Apparently she’d been wrong.
Apparently Chanukah was for family, and she wasn’t going to make the cut.
She looked at her feet and she tried not to vomit.
Kara bent so she could look up into Maggie’s eyes.
“And since Chanukah’s for family, you’ll be right at home.”
She could swear Maggie sat up a little straighter, a little prouder – she could feel the massive, unwavering smile on her face throughout her entire body, even though she couldn’t see her face – as she made her way to her bike, as she drove Kara back to CatCo, as she sped away.
“Eight hundred fifty words on NCPD and alien relations since amnesty, sir. I’m proposing we make it a series. I have a reliable source, detective rank, in the NCPD who’s willing to do what it takes to make sure there’s accountability on all sides here, starting with what the media reports.”

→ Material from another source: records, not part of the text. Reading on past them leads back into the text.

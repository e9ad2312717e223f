-- ===== src/System/Worker/Effect.antt =====
-- What a move of a thread adds to what it has taken and put out.
use counter_drone_streaming.Base.{Bool, List, [], ◌∷◌, ◌++◌, ◌≡◌, refl, ap}
use counter_drone_streaming.System.Worker.{
  Worker, Act, silent, takes, finds_none, sends, logs_line, Thread, Move, starts, sends_out,
  logs_out, loops, goes_on, is_stopped, takes_item, leaves, ends,
}
use counter_drone_streaming.System.Worker.Run.{items}

items-snoc :
    {In R : Type 0} (xs : List (In × R)) (x : In) (r : R)
    → items (xs ++ ((x, r) ∷ [])) ≡ items xs ++ (x ∷ [])
items-snoc [] x r = refl
items-snoc ((y, q) ∷ xs) x r = ap (λ l. y ∷ l) (items-snoc xs x r)

module _ {In Out : Type 0} (W : Worker In Out) where
  -- What a move leaves alone, and what it adds.
  pub record Same (t t' : Thread W) : Type 0 where
    pub sent : t'.sent ≡ t.sent
    pub logged : t'.logged ≡ t.logged
    pub taken : items t'.taken ≡ items t.taken

  unchanged :
      {t t' : Thread W} → t'.sent ≡ t.sent → t'.logged ≡ t.logged → t'.taken ≡ t.taken → Same t t'
  unchanged e f g = record { sent = e; logged = f; taken = ap items g }

  unfoldable pub Does : Act In Out → Thread W → Thread W → Type 0
  Does silent t t' = Same t t'
  Does finds_none t t' = Same t t'
  Does (takes x) t t' =
      (t'.sent ≡ t.sent) × (t'.logged ≡ t.logged) × (items t'.taken ≡ items t.taken ++ (x ∷ []))
  Does (sends o) t t' =
      (t'.sent ≡ t.sent ++ (o ∷ [])) × (t'.logged ≡ t.logged) × (items t'.taken ≡ items t.taken)
  Does (logs_line m) t t' =
      (t'.sent ≡ t.sent) × (t'.logged ≡ t.logged ++ (m ∷ [])) × (items t'.taken ≡ items t.taken)

  pub Move-Does :
      {stop : Bool} {a : Act In Out} {t t' : Thread W} → Move W stop t a t' → Does a t t'
  unfolding Does
  Move-Does (starts r p) = unchanged refl refl refl
  Move-Does (sends_out o os b e) = (refl, refl, refl)
  Move-Does (logs_out m ms b e) = (refl, refl, refl)
  Move-Does (loops p d) = unchanged refl refl refl
  Move-Does (goes_on p q) = unchanged refl refl refl
  Move-Does (is_stopped r p q) = unchanged refl refl refl
  Move-Does {t} (takes_item r x s p e) = (refl, refl, items-snoc t.taken x r)
  Move-Does (leaves r p) = unchanged refl refl refl
  Move-Does (ends p d) = unchanged refl refl refl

She waited as Snapper finally dragged his skeptical eyes off her face, chin held high as Cat would want it to be; waited as his eyes scanned the pages she’d presented to him; waited until he looked up and told her gruffly, “Looks like you’ve got yourself a series, kid. Don’t screw it up.”
She practically skipped out of the office, knowing better than to so much as let her mouth open, because if she did, the stream of thanks and excitement that would babble out would surely make him change his mind about the whole thing.
“Oh and Danvers,” he called, and she turned, entire body braced for him to tell her that he changed his mind, that her hook was all wrong and sources too skewed and a series was a stupid idea, anyway.
“Happy Chanukah,” he said, with something that looked suspiciously like a half smile on his face.
Kara bounced on her toes and beamed, but before she could open her mouth to thank him, he waved the back of his hands at her like they were hanging from his wrists. “Out out out out, no need to look at me like I just saved your first born from the wrath of god.”
Kara tilted her head and furrowed her brow. “That’s… Passover…”
"Out!"
She scurried, but with a massive smile re-plastered to her face.
Snapper had liked her story; Snapper had said something nice on a personal level to her (which honestly both made her happy and freaked her out a little); and Maggie liked teasing her without ever making fun of her and Maggie liked spending time with her even when she was having a terrible day and Maggie didn’t think she was just an annoying little sister who would intrude on her time with Alex.
Something must be right in the world for Chanukah, after all.